# "Fehler auf der Seite"



## maaary (20. Mai 2004)

Hallo

Ich vermute dass ich ein Javascript-Problem hab...
Bei vielen Seiten wird im Browser unten links "Fehler auf der Seite" eingeblendet,sobald ich auf etwas klick,das Javascript benotötigt (ich glaube jedenfalls dass es daran liegt....keine Ahnung)
Manchmal kommt auch noch ne Meldung,ich soll Java Virtual Machine runterladen. Na ja geht aber nich,Setup-Fehler oder so was.
Dabei hab ich schon ein Java-Plugin......
Kann man das Problem nich irgendwie lösen?


----------



## LordNikkon (24. Mai 2004)

Dein Problem liegt im Quellcode deiner Seite, hast irgendein JS Fehler.
poste mal die seite dann kann ich dir helfen.

greetz
l|N


----------



## maaary (24. Mai 2004)

Hm meinte eigentlich nicht speziell auf meiner Seite....da hab ich kein Problem.
Allgemein auf Seiten die Javascript benötigen.....zum Beispiel manche Foren wie das hier. Alle können die Farbe der Schrift ändern,die Größe usw...bei mir geht das irgendwie nicht.


----------



## LordNikkon (25. Juni 2004)

die Fehler die in der Statuszeile stehen sind JS Fehler. Daran kannst du als "aufdieSeiteSurfer" nix änder.
Wie Farbe ändern?
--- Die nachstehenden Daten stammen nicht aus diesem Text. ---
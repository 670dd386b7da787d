-- ===== src/Tests/Paper.antt =====
-- Orders through services/broker_gateway/paper_adapter.py.
use icici_breeze_api_trading.Prelude.{ℕ, ◌≡◌, refl, true, none, some, List, [], ◌∷◌}
use icici_breeze_api_trading.Prelude.Int.{ℤ, pos, ◌+ℤ◌, ◌-ℤ◌, ◌*ℤ◌}
use icici_breeze_api_trading.Contracts.{OrderSide, buy, sell, limit}
use icici_breeze_api_trading.Execution.Requests.{BrokerRequest}
use icici_breeze_api_trading.PaperBroker.{
  PaperBroker, PaperStamp, paper_cancelled, new_broker, get_order_status, get_positions,
}
use icici_breeze_api_trading.PaperBroker.Book.{
  PaperOp, place, cancel, perform_all, IsBooked, perform_all-IsBooked,
}
use icici_breeze_api_trading.Tests.Values.{paise}

abbrev lots_of : OrderSide → ℕ → BrokerRequest ℤ
lots_of side n = record {
  client_order_id = 50;
  stock_code = 32;
  action = side;
  order_type = limit;
  quantity = pos n;
  price = pos 10000;
  trigger_price = none;
  strike_price = none;
  right_is_call = none;
  expiry_date = none;
}

abbrev stamp_of : ℕ → PaperStamp
stamp_of n = record { order_id = n; trade_id = n; now = n }

-- Ten are bought, four sold, and the first order is cancelled after its fill.
abbrev calls : List (PaperOp ℤ)
calls =
    place (lots_of buy 10) (stamp_of 1) ∷ (place (lots_of sell 4) (stamp_of 2) ∷ (cancel 1 ∷ []))

abbrev broker : PaperBroker ℤ
broker = perform_all calls (new_broker (pos 50000000))

six_are_held :
    get_positions broker
    ≡ record {
      stock_code = 32;
      quantity = pos 6;
      average_price = pos 10000;
      ltp = pos 10000;
      pnl = pos 0;
    }
      ∷ []
unfolding perform_all get_positions ◌+ℤ◌ ◌-ℤ◌ ◌*ℤ◌
six_are_held = refl

-- The filled order is reported as cancelled, with its fill.
filled_is_cancelled :
    get_order_status 1 broker
    ≡ some (record {
      success = true;
      broker_order_id = some 1;
      client_order_id = 50;
      status = paper_cancelled;
      filled_quantity = pos 10;
      average_price = pos 10000;
    })
unfolding perform_all get_order_status ◌+ℤ◌ ◌-ℤ◌ ◌*ℤ◌
filled_is_cancelled = refl

perform_all-IsBooked_example : IsBooked (perform_all calls (new_broker (pos 50000000)))
perform_all-IsBooked_example = perform_all-IsBooked calls (pos 50000000)
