-- ===== src/Tests/Processing.antt =====
-- One live order through services/oms and services/execution.
use icici_breeze_api_trading.Prelude.{◌≤◌, ◌≡◌, refl, some, []}
use icici_breeze_api_trading.Prelude.Int.{ℤ}
use icici_breeze_api_trading.Oms.StateMachine.{can_transition}
use icici_breeze_api_trading.Oms.Repository.{get_order_by_id}
use icici_breeze_api_trading.Oms.Service.{
  Oms, create_order_intent, handle_risk_decision_event, mark_order_submitting,
}
use icici_breeze_api_trading.Oms.BrokerUpdates.{handle_broker_order_event}
use icici_breeze_api_trading.Oms.Journal.{IsAudited}
use icici_breeze_api_trading.Oms.Audit.{
  create_order_intent-IsAudited, handle_risk_decision_event-IsAudited,
  mark_order_submitting-IsAudited, handle_broker_order_event-IsAudited,
}
use icici_breeze_api_trading.Oms.Past.{state_in}
use icici_breeze_api_trading.Contracts.{approved, validating, filled}
use icici_breeze_api_trading.Execution.Service.{Execution, on_oms, execute_order}
use icici_breeze_api_trading.Execution.Single.{submissions}
use icici_breeze_api_trading.Execution.Steps.{Step, Steps, at_most_one_submission}
use icici_breeze_api_trading.Tests.Values.{
  paise, live_buy, stamp, empty_oms, open_gate, execution_config, run_with, accepted, approval,
  full_fill,
}

empty-IsAudited : IsAudited empty_oms.repo
empty-IsAudited = record { keyed = tt; agrees = (λ _. refl, tt) }

abbrev pub one_order : Oms ℤ
one_order = (create_order_intent live_buy 91 1 1500 11 (stamp 12) (stamp 13) empty_oms).1

abbrev pub approved_order : Oms ℤ
approved_order = (handle_risk_decision_event approval (stamp 14) one_order).1

abbrev pub reserved_order : Oms ℤ
reserved_order = (mark_order_submitting 1 (stamp 15) approved_order).1

one_order_state : state_in 1 one_order ≡ some validating
unfolding create_order_intent can_transition
one_order_state = refl

approved_order_state : state_in 1 approved_order ≡ some approved
unfolding create_order_intent handle_risk_decision_event can_transition
approved_order_state = refl

filled_order_state :
    state_in 1 (handle_broker_order_event full_fill (stamp 16) reserved_order).1 ≡ some filled
unfolding create_order_intent handle_risk_decision_event mark_order_submitting
    handle_broker_order_event can_transition
filled_order_state = refl

create_order_intent-IsAudited_example : IsAudited one_order.repo
unfolding get_order_by_id
create_order_intent-IsAudited_example =
    create_order_intent-IsAudited live_buy 91 1 1500 11 (stamp 12) (stamp 13) empty_oms
      empty-IsAudited refl

one_order-IsAudited : IsAudited one_order.repo
unfolding get_order_by_id
one_order-IsAudited =
    create_order_intent-IsAudited live_buy 91 1 1500 11 (stamp 12) (stamp 13) empty_oms
      empty-IsAudited refl

approved_order-IsAudited : IsAudited approved_order.repo
approved_order-IsAudited =
    handle_risk_decision_event-IsAudited approval (stamp 14) one_order one_order-IsAudited

pub reserved_order-IsAudited : IsAudited reserved_order.repo
reserved_order-IsAudited =
    mark_order_submitting-IsAudited 1 (stamp 15) approved_order approved_order-IsAudited

handle_risk_decision_event-IsAudited_example : IsAudited approved_order.repo
handle_risk_decision_event-IsAudited_example =
    handle_risk_decision_event-IsAudited approval (stamp 14) one_order one_order-IsAudited

mark_order_submitting-IsAudited_example : IsAudited reserved_order.repo
mark_order_submitting-IsAudited_example =
    mark_order_submitting-IsAudited 1 (stamp 15) approved_order approved_order-IsAudited

handle_broker_order_event-IsAudited_example :
    IsAudited (handle_broker_order_event full_fill (stamp 16) reserved_order).1.repo
handle_broker_order_event-IsAudited_example =
    handle_broker_order_event-IsAudited full_fill (stamp 16) reserved_order reserved_order-IsAudited

abbrev nothing_sent : Execution ℤ
nothing_sent = record { oms = empty_oms; processed = []; placed = [] }

abbrev created_run : Execution ℤ
created_run =
    (on_oms (create_order_intent live_buy 91 1 1500 11 (stamp 12) (stamp 13)) nothing_sent).1

abbrev approved_run : Execution ℤ
approved_run = (on_oms (handle_risk_decision_event approval (stamp 14)) created_run).1

abbrev sent_run : Execution ℤ
sent_run = (execute_order execution_config (run_with open_gate 15 accepted) 1 approved_run).1

abbrev sent_twice : Execution ℤ
sent_twice = (execute_order execution_config (run_with open_gate 16 accepted) 1 sent_run).1

two_runs : Steps execution_config nothing_sent sent_twice
unfolding get_order_by_id
two_runs = Steps.next (Step.intent live_buy 91 1 1500 11 (stamp 12) (stamp 13) refl) (
    Steps.next (Step.decision approval (stamp 14)) (
      Steps.next (Step.direct (run_with open_gate 15 accepted) 1)
        (Steps.next (Step.direct (run_with open_gate 16 accepted) 1) Steps.start)))

sent_twice_placed : submissions 1 sent_twice.placed ≡ 1
unfolding create_order_intent handle_risk_decision_event execute_order can_transition
sent_twice_placed = refl

at_most_one_submission_example : submissions 1 sent_twice.placed ≤ 1
at_most_one_submission_example = at_most_one_submission 1 two_runs empty-IsAudited refl
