-- ===== src/Tests/Positions.antt =====
-- Fills of the portfolio, an order in a final state, and the outbox of the OMS.
use icici_breeze_api_trading.Prelude.{ℕ, ◌≡◌, refl, Bool, false, none, some, List, []}
use icici_breeze_api_trading.Prelude.{◌++◌, map, any, find}
use icici_breeze_api_trading.Outbox.{OutboxRow, relay}
use icici_breeze_api_trading.Outbox.Pending.{IsOldestPending}
use icici_breeze_api_trading.Outbox.Relay.{is_event, marked_if, relay_lem}
use icici_breeze_api_trading.Prelude.Int.{ℤ, pos, ◌+ℤ◌, ◌-ℤ◌}
use icici_breeze_api_trading.Prelude.Result.{ok}
use icici_breeze_api_trading.Contracts.{
  TradeFill, Message, BrokerUpdate, buy, live, filled, rejected_word,
}
use icici_breeze_api_trading.Oms.Service.{
  Oms, create_order_intent, handle_risk_decision_event, mark_order_submitting,
}
use icici_breeze_api_trading.Oms.StateMachine.{can_transition}
use icici_breeze_api_trading.Oms.Audit.{handle_broker_order_event-IsAudited}
use icici_breeze_api_trading.Oms.BrokerUpdates.{handle_broker_order_event}
use icici_breeze_api_trading.Oms.Journal.{IsAudited}
use icici_breeze_api_trading.Oms.Past.{state_in}
use icici_breeze_api_trading.Oms.Final.{OmsStep, OmsSteps, final_state_stays}
use icici_breeze_api_trading.Portfolio.Repository.{
  FillExecution, Position, PortfolioDb, apply_execution_atomic, get_executed_quantity_for_order,
  position_after,
}
use icici_breeze_api_trading.Portfolio.Service.{execution_of}
use icici_breeze_api_trading.Portfolio.Balance.{IsBalanced, apply_execution_atomic-IsBalanced}
use icici_breeze_api_trading.Portfolio.Progress.{
  apply_execution_atomic-replay, applied_fill_closes_gap,
}
use icici_breeze_api_trading.Tests.Values.{paise, full_fill, stamp, evidence_of}
use icici_breeze_api_trading.Tests.Processing.{reserved_order, reserved_order-IsAudited}

abbrev fifty : TradeFill ℤ
fifty = record {
  order_id = 1;
  client_order_id = 91;
  instrument_id = 31;
  symbol = 32;
  side = buy;
  quantity = pos 50;
  cumulative_filled_quantity = pos 50;
  price = pos 9950;
  trading_mode = live;
}

abbrev no_positions : PortfolioDb ℤ
no_positions = record { executions = []; positions = []; pnl_snapshots = [] }

abbrev held : PortfolioDb ℤ
held = (apply_execution_atomic (execution_of fifty) live (pos 10000) 5 2000 no_positions).1

no_positions-IsBalanced : IsBalanced no_positions
unfolding ◌-ℤ◌
no_positions-IsBalanced = record { sides = no_sides; net = λ _. refl }
  where
    no_sides : (side : Bool) (k : ℕ) → pos 0 ≡ pos 0
    no_sides side k = refl

apply_execution_atomic-IsBalanced_example : IsBalanced held
apply_execution_atomic-IsBalanced_example =
    apply_execution_atomic-IsBalanced (execution_of fifty) live (pos 10000) 5 2000 no_positions
      no_positions-IsBalanced

-- The same fill, with another quantity and price.
abbrev delivered_again : FillExecution ℤ
delivered_again = record (execution_of fifty) { quantity = pos 60; price = pos 9900 }

apply_execution_atomic-replay_example :
    (q : Position ℤ) × (apply_execution_atomic delivered_again live (pos 12000) 6 3000 held
      ≡ (ok (q, false), held))
unfolding apply_execution_atomic
apply_execution_atomic-replay_example =
    apply_execution_atomic-replay (execution_of fifty) delivered_again live live (pos 10000)
      (pos 12000) 5 6 2000 3000 no_positions
      {p = position_after (execution_of fifty) live (pos 10000) 5 2000 none}
      (record { same_order = refl; same_cumulative = refl; same_instrument = refl }) refl

applied_fill_closes_gap_example : get_executed_quantity_for_order 1 held ≡ pos 50
unfolding apply_execution_atomic get_executed_quantity_for_order ◌+ℤ◌
applied_fill_closes_gap_example =
    applied_fill_closes_gap (evidence_of (pos 0)) fifty (pos 10000) 5 2000 no_positions
      {p = position_after (execution_of fifty) live (pos 10000) 5 2000 none} (refl, refl) refl refl

abbrev filled_order : Oms ℤ
filled_order = (handle_broker_order_event full_fill (stamp 16) reserved_order).1

filled_order_state : state_in 1 filled_order ≡ some filled
unfolding create_order_intent handle_risk_decision_event mark_order_submitting can_transition
    handle_broker_order_event
filled_order_state = refl

filled_order-IsAudited : IsAudited filled_order.repo
filled_order-IsAudited =
    handle_broker_order_event-IsAudited full_fill (stamp 16) reserved_order reserved_order-IsAudited

-- A late rejection.
abbrev rejection : BrokerUpdate ℤ
rejection = record full_fill { status = rejected_word; filled_quantity = pos 0 }

abbrev after_rejection : Oms ℤ
after_rejection = (handle_broker_order_event rejection (stamp 17) filled_order).1

final_state_stays_example :
    (state_in 1 after_rejection ≡ some filled) × IsAudited after_rejection.repo
final_state_stays_example =
    final_state_stays 1 filled (OmsSteps.next (OmsStep.update rejection (stamp 17)) OmsSteps.start)
      filled_order-IsAudited refl filled_order_state

-- The rows that the handlers have queued for the order.
relay_lem_example :
    let rows = filled_order.repo.outbox_events in
    (read : List (OutboxRow (Message ℤ))) × IsOldestPending 20 rows read
    × ((relay 5000 (rows, [])).1 ≡ [] ++ map (λ r. r.payload) read)
    × ((id : ℕ)
        → find (is_event id) (relay 5000 (rows, [])).0
          ≡ marked_if (any (is_event id) read) 5000 (find (is_event id) rows))
relay_lem_example = relay_lem 5000 filled_order.repo.outbox_events []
Versteh ich jetzt nicht ganz.
Farbe des Textes auf einer Internetseite?

greetz 
l|N


----------



## Sven Mintel (25. Juni 2004)

Vielleicht bringt dich das weiter:Windows Automatic Download and Installation Instructions  ...die Fehler dürften schon, wie die Meldung besagt, mit fehlendem Java zu tun haben.

Mehr kann ich dazu nicht sagen, dass ich bisher von dem Problem nur gehört habe.... weitere Fragen dazu stelle besser im Windows-Forum, da gibts wahrscheinlich mehr konstruktive Vorschläge.


----------